■ Task details ■
Starting at the top of the entries below, set down each line exactly as written, and stop after the line containing "mod Examples".

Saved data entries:
········
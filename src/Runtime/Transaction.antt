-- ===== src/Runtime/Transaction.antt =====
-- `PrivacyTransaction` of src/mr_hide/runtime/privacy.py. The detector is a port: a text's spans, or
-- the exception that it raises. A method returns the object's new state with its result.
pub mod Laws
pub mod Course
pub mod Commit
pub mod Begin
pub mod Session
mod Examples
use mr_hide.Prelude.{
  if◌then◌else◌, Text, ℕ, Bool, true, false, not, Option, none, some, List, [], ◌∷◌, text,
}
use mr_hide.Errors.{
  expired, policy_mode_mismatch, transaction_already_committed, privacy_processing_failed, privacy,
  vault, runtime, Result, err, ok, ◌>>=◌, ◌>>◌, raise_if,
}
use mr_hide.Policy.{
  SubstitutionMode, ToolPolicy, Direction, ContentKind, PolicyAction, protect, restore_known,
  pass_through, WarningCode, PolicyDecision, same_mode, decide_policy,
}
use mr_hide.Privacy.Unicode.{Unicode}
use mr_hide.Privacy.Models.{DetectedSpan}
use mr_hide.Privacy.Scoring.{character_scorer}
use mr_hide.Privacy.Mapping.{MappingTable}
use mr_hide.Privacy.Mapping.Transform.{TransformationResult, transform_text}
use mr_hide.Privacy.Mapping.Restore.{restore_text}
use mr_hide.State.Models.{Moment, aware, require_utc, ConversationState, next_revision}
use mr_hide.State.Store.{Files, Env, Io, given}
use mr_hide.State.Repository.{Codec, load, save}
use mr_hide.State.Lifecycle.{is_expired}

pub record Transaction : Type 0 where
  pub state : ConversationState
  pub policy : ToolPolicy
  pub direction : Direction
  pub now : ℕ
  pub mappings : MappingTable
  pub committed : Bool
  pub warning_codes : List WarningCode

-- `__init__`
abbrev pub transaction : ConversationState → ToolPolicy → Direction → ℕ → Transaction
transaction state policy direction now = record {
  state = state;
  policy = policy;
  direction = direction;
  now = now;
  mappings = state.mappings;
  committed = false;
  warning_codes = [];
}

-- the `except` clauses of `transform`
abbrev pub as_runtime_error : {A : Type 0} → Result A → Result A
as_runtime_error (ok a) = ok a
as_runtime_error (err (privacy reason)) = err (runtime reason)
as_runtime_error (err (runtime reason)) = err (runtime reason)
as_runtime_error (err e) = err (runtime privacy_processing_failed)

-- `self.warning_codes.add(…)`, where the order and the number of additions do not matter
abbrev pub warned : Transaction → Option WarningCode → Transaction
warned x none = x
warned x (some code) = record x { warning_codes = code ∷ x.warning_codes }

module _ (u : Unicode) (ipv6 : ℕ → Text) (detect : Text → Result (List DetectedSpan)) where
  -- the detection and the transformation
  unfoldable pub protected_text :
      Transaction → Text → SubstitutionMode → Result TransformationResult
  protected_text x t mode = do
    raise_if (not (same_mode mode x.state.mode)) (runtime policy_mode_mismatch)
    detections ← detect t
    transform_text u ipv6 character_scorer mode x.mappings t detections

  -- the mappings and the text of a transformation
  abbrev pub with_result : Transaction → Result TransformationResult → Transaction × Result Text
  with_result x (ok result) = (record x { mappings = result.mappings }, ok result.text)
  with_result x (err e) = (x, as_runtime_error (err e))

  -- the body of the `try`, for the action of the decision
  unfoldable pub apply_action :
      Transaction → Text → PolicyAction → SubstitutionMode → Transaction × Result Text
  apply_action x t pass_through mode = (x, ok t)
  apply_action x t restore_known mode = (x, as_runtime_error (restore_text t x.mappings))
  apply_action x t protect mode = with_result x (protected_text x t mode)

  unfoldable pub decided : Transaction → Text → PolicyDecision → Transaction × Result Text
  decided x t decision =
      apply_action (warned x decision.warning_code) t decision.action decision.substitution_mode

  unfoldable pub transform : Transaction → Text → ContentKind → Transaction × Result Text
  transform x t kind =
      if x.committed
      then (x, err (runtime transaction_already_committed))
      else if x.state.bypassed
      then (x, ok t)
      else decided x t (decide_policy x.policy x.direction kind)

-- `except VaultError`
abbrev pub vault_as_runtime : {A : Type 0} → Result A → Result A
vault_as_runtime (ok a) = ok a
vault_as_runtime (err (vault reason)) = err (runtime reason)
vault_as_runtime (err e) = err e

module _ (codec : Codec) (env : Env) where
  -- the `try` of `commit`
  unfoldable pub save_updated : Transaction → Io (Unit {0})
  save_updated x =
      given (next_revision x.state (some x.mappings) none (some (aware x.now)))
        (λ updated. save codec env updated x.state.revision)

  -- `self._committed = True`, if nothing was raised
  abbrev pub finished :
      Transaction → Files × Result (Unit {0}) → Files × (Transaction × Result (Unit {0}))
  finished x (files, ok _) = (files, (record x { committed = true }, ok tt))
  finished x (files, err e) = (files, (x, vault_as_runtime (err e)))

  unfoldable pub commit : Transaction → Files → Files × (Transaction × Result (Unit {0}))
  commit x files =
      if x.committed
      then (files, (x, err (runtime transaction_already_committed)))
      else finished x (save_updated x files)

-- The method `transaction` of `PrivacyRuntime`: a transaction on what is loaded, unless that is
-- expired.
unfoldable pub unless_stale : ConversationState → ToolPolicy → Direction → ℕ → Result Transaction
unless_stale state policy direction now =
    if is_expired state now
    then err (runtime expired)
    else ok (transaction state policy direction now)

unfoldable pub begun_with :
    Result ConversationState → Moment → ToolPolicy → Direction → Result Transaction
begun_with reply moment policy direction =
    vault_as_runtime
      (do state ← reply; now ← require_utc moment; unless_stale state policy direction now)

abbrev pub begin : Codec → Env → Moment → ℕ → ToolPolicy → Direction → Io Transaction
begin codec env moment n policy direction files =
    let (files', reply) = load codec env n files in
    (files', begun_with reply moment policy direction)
········
■ Response to this exercise ■
filename src/Runtime/Transaction.antt
-- ===== src/Runtime/Transaction.antt =====
-- `PrivacyTransaction` of src/mr_hide/runtime/privacy.py. The detector is a port: a text's spans, or
-- the exception that it raises. A method returns the object's new state with its result.
pub mod Laws
pub mod Course
pub mod Commit
pub mod Begin
pub mod Session
mod Examples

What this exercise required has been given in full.